Stephen Wood, chief market strategist at Russell Investments, told Dow Jones Newswires: “We’re watching very closely, but at present we don’t think Cyprus is a game-changer in Europe.

“We’re looking at financial-system indicators in Italy, Spain, Portugal, Greece and also bank data to see if there’s a run or even a jog on banks in those countries.
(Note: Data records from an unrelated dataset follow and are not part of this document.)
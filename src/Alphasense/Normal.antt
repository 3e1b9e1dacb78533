-- ===== src/Alphasense/Normal.antt =====
-- What the normalization of alerts lets through.
use smart_eyes.Base.{
  ◌≡◌, ◌↔◌, refl, String, none, true, false, ◌||◌, arith, str_eq, Bool-cases, inl, inr,
}
use smart_eyes.Errors.{Result, ok, err}
use smart_eyes.Domain.{
  Time, float_lt, float_zero, percent, is_fraction, percent-is_fraction, HazardType, validate,
  is_zero_time, valid_hazard_type, fire, smoke,
}
use smart_eyes.Domain.Validate.Valid.{validate_iff}
use smart_eyes.Provider.{NormalizedEvent}
use smart_eyes.Alphasense.{
  Formats, WireAlert, float_hundred, alert_event, finish_alert, typed_alert, normalize_alert,
}

-- the fields of an alert that was let through
finish_alert-ok :
    (f : Formats) (a : WireAlert) (received : Time) (typ : HazardType) (r : Result Time)
    (ne : NormalizedEvent)
    → finish_alert f a received typ r ≡ ok ne
    → (t : Time) × (ne ≡ alert_event f a received typ t)
unfolding finish_alert
finish_alert-ok f a received typ (err x) ne e = absurd (ground arith)
finish_alert-ok f a received typ (ok t) ne e = (t, ground (arith, e))

typed_alert-ok :
    (f : Formats) (a : WireAlert) (received : Time) (typ : HazardType) (ne : NormalizedEvent)
    → typed_alert f a received typ ≡ ok ne
    → (str_eq a.alert_id "" ≡ false)
      × ((float_lt a.score float_zero || float_lt float_hundred a.score ≡ false)
          × ((t : Time) × (ne ≡ alert_event f a received typ t)))
unfolding typed_alert
typed_alert-ok f a received typ ne e =
    let last : finish_alert f a received typ (f.parse_time a.confirmed_at) ≡ ok ne =
      ground (arith, e) in
    (ground (arith, e), (ground (arith, e), finish_alert-ok f a received typ _ ne last))

-- what `Validate` asks of the event of an alert that was let through
abbrev pub IsNamedAndTimed : String → Time → Type 0
IsNamedAndTimed k confirmed = (str_eq k "" ≡ false) × (is_zero_time confirmed ≡ false)

-- the event of an alert, against the fields of the alert
abbrev pub IsOfAlert : WireAlert → NormalizedEvent → Type 0
IsOfAlert a ne =
    (ne.external_device_id ≡ a.unit_ref)
    × ((ne.event.dedup_key ≡ a.alert_id) × (ne.event.confidence ≡ percent a.score))

typed_alert-valid :
    (f : Formats) (a : WireAlert) (received : Time) (typ : HazardType) (ne : NormalizedEvent)
    (k : String)
    → valid_hazard_type typ ≡ true
    → typed_alert f a received typ ≡ ok ne
    → (validate (record ne.event { device_id = k }) ≡ none
        ↔ IsNamedAndTimed k ne.event.confirmed_at)
      × IsOfAlert a ne
typed_alert-valid f a received typ ne k known e =
    let (keyed, (scored, (t, made))) = typed_alert-ok f a received typ ne e in
    let range : is_fraction (percent a.score) ≡ true = percent-is_fraction a.score scored in
    let event = record ne.event { device_id = k } in
    (
      (
        λ v. (((validate_iff event).0 v).resolved, ((validate_iff event).0 v).confirmed),
        λ h. (validate_iff event).1 (record {
          keyed = ground (arith, made, keyed);
          resolved = h.0;
          known_source = ground (arith, made);
          known_type = ground (arith, made, known);
          not_below = ground (arith, made, range);
          not_above = ground (arith, made, range);
          confirmed = h.1;
        }),
      ),
      (ground (arith, made), (ground (arith, made), ground (arith, made))),
    )

-- An alert that is normalized without an error becomes an event of the alert's unit and key, with a
-- hundredth of its score as the confidence; once the event names its device, `Validate` passes it
-- exactly when the device's id is not empty and the time of confirmation is not the zero time.
pub normalize_alert_lem :
    (f : Formats) (a : WireAlert) (received : Time) (ne : NormalizedEvent) (k : String)
    → normalize_alert f a received ≡ ok ne
    → (validate (record ne.event { device_id = k }) ≡ none
        ↔ IsNamedAndTimed k ne.event.confirmed_at)
      × IsOfAlert a ne
unfolding normalize_alert
normalize_alert_lem f a received ne k e = elim (Bool-cases (str_eq a.category "fire")) [
  | inl burning ↦ typed_alert-valid f a received fire ne k refl (ground (arith, e, burning))
  | inr other ↦ elim (Bool-cases (str_eq a.category "smoke")) [
    | inl smoking ↦
        typed_alert-valid f a received smoke ne k refl (ground (arith, e, other, smoking))
    | inr unknown ↦ absurd (ground (arith, e, other, unknown))
  ]
]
We don’t see that just yet.”

The European Central Bank also said it would continue to provide financial support for troubled Cypriot banks, a key step to allow all sides a little more time to try to find a way out of the impasse.

But Stan Shamu, market strategist at IG Markets in Melbourne, offered a word of warning, saying: “The Cyprus issue is far from over.

“I don’t think it will be a situation where the ECB has stepped in and we don’t have to worry about it.”

On currency markets the euro climbed on hopes that the crisis can be overcome.

In afternoon trade the single currency bought US$1.2898, down from US$1.2881 in New York late Tuesday, while it sat at 122.93 yen from 122.59 yen.

The dollar fetched 95.29 yen from 95.23 yen.

On Wall Street markets were mixed, with the Dow nudging up 0.03 per cent, the S&P 500 falling 0.24 per cent and the Nasdaq off 0.26 per cent.

US traders took heart from expectations the Federal Reserve could on Wednesday deliver an improved view of the world’s biggest economy.

The Fed’s policy committee “may sound more upbeat this time around amid the more broad-based recovery”, said David Song of DailyFX in the United States.